So let's assume  you are a Hawaii Collection owner with a 15,500 point contract and you've saved all of your 2016 points.  Now let's move forward to January 31, 2017.  Your account shows that you have 31,000 points - the 15,500 points saved from 2016 plus your 15,500 points allotment for 2017.

Now you decide to make a  reservation at Poipu. Below is how the point usage will be determined based on the check-in date and points used:

October 2017 check-in, 10,000 point reservation (partial ocean view).  

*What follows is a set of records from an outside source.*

-- ===== src/Float.antt =====
-- The quotient of two natural numbers as a double, which is what `/` gives in Python: the exact
-- quotient, rounded to 53 binary digits, to the even one of two that are equally near. Quotients beyond
-- the range of doubles are not modelled.
use belcoin.Prelude.{
  ℕ, zero, suc, ◌+◌, ◌*◌, ◌/◌, ◌%◌, true, false, ◌&&◌, ◌||◌, ◌==◌, ltb, leb, if◌then◌else◌,
}

-- The number `mantissa * times / over`, where `times` and `over` are powers of two
pub record Float : Type 0 where
  pub mantissa : ℕ
  pub times : ℕ
  pub over : ℕ

abbrev two_52 : ℕ
two_52 = 4_503_599_627_370_496

-- `n / d`, rounded to a whole number
abbrev pub nearest : ℕ → ℕ → ℕ
nearest n d =
    if ltb d (2 * (n % d)) || ((d == 2 * (n % d)) && ((n / d) % 2 == 1)) then n / d + 1 else n / d

-- The divisor is doubled until the quotient is below 2 ^ 53.
unfoldable pub scale_up : ℕ → ℕ → ℕ → ℕ → ℕ → Float
scale_up zero n d times over = record { mantissa = nearest n d; times = times; over = over }
scale_up (suc fuel) n d times over = elim (leb (2 * two_52 * d) n) [
  | true ↦ scale_up fuel n (2 * d) (2 * times) over
  | false ↦ record { mantissa = nearest n d; times = times; over = over }
]

-- The number is doubled until the quotient is at least 2 ^ 52.
unfoldable pub scale_down : ℕ → ℕ → ℕ → ℕ → Float
unfolding scale_up
scale_down zero n d over = record { mantissa = nearest n d; times = 1; over = over }
scale_down (suc fuel) n d over = elim (ltb n (two_52 * d)) [
  | true ↦ scale_down fuel (2 * n) d (2 * over)
  | false ↦ scale_up 971 n d 1 over
]

-- `a / b` for a positive `b`: a double has an exponent of 971 at most and -1074 at least.
unfoldable pub true_div : ℕ → ℕ → Float
unfolding scale_down
true_div a b = elim (a == 0) [
  | true ↦ record { mantissa = 0; times = 1; over = 1 }
  | false ↦ scale_down 1074 a b 1
]

-- `int(x)`
unfoldable pub int : Float → ℕ
int x = x.mantissa * x.times / x.over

Since the check-in date is within 10 months, the 10,000 points will be taken from your saved points, leaving you with 5,500 remaining 2016 saved points and all of your 2017 points.​
October 2017 check-in, 15,500 point reservation (ocean front).  

Since the check-in date is within 10 months, your 15,500 saved points will be used for the reservation.  All of your 2017 points will remain.​
December 2017 check-in, 10,000 point reservation (partial ocean view).  

Since the check-in date is further than 10 months, this is a home resort advantage reservation, and the 10,000 points will be taken from your 2017 points, leaving you with 5,500 remaining 2017 points.  You will still have the 15,500 saved points from 2016, which you will need to burn by the end of 2017.​
December 2017 check-in, 15,500 point reservation (ocean front).  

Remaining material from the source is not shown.